* _WHAT YOU WILL DO_: Find the line in the material below that contains "namelist_members [] = err data_validation", then give it again, with all later lines, exactly as shown.

SOURCE MATERIAL START

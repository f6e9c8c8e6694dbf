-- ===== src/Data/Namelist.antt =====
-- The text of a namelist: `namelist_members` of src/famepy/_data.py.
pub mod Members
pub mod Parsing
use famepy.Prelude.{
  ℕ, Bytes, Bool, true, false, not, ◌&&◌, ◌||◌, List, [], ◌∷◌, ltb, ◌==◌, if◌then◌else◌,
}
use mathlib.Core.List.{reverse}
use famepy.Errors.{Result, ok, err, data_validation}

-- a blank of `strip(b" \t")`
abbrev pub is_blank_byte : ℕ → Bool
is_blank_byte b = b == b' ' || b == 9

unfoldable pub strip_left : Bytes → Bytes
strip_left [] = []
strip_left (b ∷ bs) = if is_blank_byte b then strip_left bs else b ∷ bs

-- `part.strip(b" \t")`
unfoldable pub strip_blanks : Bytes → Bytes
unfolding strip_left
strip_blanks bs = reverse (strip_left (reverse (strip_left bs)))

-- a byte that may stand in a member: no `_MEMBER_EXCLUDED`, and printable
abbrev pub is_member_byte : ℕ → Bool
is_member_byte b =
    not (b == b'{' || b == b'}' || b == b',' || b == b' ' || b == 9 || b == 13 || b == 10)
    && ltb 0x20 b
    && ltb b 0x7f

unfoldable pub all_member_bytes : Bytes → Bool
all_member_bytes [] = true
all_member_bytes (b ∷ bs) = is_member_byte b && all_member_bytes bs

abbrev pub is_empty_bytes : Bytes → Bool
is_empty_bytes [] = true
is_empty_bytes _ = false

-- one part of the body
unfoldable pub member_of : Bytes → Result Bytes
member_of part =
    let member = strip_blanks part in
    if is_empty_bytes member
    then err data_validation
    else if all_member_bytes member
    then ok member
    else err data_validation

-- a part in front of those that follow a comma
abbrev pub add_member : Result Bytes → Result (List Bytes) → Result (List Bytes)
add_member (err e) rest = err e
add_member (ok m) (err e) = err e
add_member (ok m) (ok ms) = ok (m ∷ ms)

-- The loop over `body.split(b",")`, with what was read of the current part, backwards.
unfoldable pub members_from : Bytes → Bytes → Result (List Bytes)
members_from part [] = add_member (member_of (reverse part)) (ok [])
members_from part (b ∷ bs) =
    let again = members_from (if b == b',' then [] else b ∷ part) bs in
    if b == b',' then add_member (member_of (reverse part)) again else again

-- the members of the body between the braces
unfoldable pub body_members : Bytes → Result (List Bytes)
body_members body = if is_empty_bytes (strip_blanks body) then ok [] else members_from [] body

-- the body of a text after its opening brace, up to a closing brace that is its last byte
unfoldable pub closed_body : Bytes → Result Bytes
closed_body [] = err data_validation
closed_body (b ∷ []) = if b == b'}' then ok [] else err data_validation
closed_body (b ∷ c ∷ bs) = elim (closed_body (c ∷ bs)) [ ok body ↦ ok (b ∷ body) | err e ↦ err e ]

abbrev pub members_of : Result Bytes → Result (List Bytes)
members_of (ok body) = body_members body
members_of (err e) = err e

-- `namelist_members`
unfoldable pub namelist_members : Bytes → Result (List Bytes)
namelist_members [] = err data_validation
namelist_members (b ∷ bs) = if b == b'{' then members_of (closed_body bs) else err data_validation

SOURCE MATERIAL END

* _RESULT OF THIS TASK_:
namelist_members [] = err data_validation
namelist_members (b ∷ bs) = if b == b'{' then members_of (closed_body bs) else err data_validation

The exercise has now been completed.